(DATA RECORDS Opens)

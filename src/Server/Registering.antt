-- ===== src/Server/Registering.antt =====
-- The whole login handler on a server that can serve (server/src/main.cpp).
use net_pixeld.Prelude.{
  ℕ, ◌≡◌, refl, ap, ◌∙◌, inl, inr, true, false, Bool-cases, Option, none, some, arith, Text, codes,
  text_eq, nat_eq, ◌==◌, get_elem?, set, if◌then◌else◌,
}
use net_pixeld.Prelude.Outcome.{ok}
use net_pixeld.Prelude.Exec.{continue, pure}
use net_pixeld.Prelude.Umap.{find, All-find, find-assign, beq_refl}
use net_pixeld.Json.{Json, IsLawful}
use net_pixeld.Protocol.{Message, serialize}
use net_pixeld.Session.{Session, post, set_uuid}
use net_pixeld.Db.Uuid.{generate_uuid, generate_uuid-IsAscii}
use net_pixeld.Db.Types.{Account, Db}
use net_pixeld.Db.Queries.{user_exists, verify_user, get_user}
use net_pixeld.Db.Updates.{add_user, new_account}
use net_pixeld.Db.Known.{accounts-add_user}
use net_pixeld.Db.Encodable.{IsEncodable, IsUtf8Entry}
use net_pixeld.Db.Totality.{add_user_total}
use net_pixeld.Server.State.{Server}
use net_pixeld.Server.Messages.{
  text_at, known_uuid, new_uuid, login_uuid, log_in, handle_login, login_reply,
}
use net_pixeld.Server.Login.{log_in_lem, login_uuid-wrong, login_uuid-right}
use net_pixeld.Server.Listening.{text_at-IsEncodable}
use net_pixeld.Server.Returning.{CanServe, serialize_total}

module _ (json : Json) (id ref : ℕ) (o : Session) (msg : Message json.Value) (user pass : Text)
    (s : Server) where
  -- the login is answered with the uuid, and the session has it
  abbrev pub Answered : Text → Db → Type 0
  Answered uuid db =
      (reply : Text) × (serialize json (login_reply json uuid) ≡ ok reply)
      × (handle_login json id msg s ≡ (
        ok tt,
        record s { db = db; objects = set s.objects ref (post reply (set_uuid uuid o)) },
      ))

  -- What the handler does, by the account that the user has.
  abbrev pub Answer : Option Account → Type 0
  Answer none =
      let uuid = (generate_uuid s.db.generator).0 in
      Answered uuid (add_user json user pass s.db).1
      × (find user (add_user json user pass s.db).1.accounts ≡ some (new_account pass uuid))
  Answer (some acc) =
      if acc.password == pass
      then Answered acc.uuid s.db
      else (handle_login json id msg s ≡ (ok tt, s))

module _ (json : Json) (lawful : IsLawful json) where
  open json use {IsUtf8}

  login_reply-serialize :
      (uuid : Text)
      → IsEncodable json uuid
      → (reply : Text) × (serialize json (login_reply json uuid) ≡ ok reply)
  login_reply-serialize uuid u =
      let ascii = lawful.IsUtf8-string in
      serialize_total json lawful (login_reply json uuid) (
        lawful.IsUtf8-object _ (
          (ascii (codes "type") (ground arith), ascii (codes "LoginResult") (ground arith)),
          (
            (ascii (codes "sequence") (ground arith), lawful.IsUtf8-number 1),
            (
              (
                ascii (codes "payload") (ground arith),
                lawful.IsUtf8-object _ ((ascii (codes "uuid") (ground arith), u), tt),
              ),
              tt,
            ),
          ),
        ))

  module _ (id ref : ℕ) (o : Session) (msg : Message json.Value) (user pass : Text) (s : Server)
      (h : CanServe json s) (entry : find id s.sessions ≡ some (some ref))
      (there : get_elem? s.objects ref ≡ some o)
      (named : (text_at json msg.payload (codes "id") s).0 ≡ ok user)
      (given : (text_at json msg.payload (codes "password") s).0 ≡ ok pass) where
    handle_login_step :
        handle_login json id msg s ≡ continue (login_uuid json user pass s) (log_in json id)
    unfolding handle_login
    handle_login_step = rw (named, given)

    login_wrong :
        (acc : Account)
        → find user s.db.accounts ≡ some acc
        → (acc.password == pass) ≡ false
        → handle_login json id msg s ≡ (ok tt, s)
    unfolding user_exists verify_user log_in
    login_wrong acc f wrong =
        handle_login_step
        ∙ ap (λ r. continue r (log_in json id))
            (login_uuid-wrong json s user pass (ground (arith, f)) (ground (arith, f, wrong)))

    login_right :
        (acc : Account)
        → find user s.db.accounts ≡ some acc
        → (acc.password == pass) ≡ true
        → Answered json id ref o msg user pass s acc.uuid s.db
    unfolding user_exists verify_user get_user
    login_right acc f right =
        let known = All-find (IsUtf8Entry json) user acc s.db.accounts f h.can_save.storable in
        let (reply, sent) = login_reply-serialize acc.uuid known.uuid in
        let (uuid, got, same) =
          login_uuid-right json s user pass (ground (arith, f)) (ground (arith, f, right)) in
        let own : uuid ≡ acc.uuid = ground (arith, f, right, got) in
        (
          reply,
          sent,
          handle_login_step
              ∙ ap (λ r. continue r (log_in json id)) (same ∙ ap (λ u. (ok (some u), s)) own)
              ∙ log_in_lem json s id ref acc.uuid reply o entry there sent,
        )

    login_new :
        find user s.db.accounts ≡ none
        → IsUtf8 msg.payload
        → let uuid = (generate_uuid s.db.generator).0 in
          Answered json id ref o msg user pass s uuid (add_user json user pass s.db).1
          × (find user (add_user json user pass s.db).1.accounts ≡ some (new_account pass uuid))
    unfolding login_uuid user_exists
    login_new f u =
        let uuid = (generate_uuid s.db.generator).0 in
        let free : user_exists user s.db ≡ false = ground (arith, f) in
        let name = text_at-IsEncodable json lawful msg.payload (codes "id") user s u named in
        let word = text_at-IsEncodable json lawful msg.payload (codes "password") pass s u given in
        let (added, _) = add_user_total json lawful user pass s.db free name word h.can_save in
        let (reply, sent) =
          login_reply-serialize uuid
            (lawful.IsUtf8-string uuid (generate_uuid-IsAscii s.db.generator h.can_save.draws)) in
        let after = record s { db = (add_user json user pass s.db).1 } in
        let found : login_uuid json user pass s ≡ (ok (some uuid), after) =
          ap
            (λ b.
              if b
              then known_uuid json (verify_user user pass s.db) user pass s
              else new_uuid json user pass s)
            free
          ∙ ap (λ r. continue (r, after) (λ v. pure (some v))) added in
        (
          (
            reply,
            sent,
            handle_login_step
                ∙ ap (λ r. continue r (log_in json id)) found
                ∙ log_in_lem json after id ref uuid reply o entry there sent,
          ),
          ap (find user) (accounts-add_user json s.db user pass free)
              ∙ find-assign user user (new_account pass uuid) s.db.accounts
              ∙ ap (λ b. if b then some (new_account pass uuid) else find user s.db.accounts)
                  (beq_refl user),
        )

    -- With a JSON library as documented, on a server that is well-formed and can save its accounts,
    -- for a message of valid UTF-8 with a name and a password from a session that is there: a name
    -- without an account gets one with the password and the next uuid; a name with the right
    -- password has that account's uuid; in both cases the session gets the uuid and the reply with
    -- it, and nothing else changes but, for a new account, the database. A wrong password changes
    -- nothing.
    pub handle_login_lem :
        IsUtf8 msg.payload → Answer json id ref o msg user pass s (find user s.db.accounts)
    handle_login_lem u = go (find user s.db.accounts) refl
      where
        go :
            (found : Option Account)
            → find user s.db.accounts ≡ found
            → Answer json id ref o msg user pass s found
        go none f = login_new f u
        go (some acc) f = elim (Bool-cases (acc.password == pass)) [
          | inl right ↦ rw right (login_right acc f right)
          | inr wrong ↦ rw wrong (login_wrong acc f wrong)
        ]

(DATA RECORDS Closes)
(DATA RECORDS Opens)

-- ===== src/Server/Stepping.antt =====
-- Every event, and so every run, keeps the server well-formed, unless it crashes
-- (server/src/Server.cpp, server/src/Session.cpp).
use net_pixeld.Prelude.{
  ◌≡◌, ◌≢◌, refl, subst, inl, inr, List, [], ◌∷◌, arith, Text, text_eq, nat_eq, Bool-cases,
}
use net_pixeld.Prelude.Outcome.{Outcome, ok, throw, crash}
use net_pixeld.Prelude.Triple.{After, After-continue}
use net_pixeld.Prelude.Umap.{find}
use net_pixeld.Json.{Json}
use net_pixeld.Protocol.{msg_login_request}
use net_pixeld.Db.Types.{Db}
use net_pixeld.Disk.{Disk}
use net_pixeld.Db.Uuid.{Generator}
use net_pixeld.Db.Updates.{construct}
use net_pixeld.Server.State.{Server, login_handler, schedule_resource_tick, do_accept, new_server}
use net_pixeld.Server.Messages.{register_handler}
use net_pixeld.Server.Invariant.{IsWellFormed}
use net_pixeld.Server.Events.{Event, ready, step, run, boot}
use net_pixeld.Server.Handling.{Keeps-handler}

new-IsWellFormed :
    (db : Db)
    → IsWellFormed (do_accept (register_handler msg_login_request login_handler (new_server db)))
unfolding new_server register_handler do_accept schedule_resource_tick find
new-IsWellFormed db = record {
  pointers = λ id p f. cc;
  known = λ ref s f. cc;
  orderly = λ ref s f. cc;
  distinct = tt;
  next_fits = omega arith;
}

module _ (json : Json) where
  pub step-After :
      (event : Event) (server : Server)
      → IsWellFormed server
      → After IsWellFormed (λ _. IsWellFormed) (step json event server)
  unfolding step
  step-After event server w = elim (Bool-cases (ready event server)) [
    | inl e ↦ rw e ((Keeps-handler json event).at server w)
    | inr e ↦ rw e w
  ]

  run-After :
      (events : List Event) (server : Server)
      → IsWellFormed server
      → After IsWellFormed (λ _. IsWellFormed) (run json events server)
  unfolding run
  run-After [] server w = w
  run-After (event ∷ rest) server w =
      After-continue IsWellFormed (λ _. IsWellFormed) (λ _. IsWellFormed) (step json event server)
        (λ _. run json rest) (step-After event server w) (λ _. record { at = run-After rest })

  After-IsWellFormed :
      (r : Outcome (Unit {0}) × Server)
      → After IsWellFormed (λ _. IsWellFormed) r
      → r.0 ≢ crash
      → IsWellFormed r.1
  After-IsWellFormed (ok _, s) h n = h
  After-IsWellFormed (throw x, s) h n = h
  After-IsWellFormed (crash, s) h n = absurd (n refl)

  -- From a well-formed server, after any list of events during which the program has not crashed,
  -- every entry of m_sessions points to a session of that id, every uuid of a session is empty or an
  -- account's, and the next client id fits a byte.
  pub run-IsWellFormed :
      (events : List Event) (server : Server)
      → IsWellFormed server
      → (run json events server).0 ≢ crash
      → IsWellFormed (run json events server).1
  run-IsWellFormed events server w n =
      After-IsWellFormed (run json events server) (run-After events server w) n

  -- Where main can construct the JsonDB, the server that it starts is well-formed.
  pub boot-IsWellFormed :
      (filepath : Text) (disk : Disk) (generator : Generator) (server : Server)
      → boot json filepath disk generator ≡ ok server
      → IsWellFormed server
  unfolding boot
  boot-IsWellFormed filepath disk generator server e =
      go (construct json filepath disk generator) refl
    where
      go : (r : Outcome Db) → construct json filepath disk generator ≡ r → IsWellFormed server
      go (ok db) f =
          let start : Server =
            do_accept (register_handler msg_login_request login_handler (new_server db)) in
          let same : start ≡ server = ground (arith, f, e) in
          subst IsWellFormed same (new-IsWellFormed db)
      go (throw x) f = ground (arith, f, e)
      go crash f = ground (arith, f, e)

(DATA RECORDS Closes)

Could you copy every line in the records that holds "gets"?

    -- without an account gets one with the password and the next uuid; a name with the right
    -- password has that account's uuid; in both cases the session gets the uuid and the reply with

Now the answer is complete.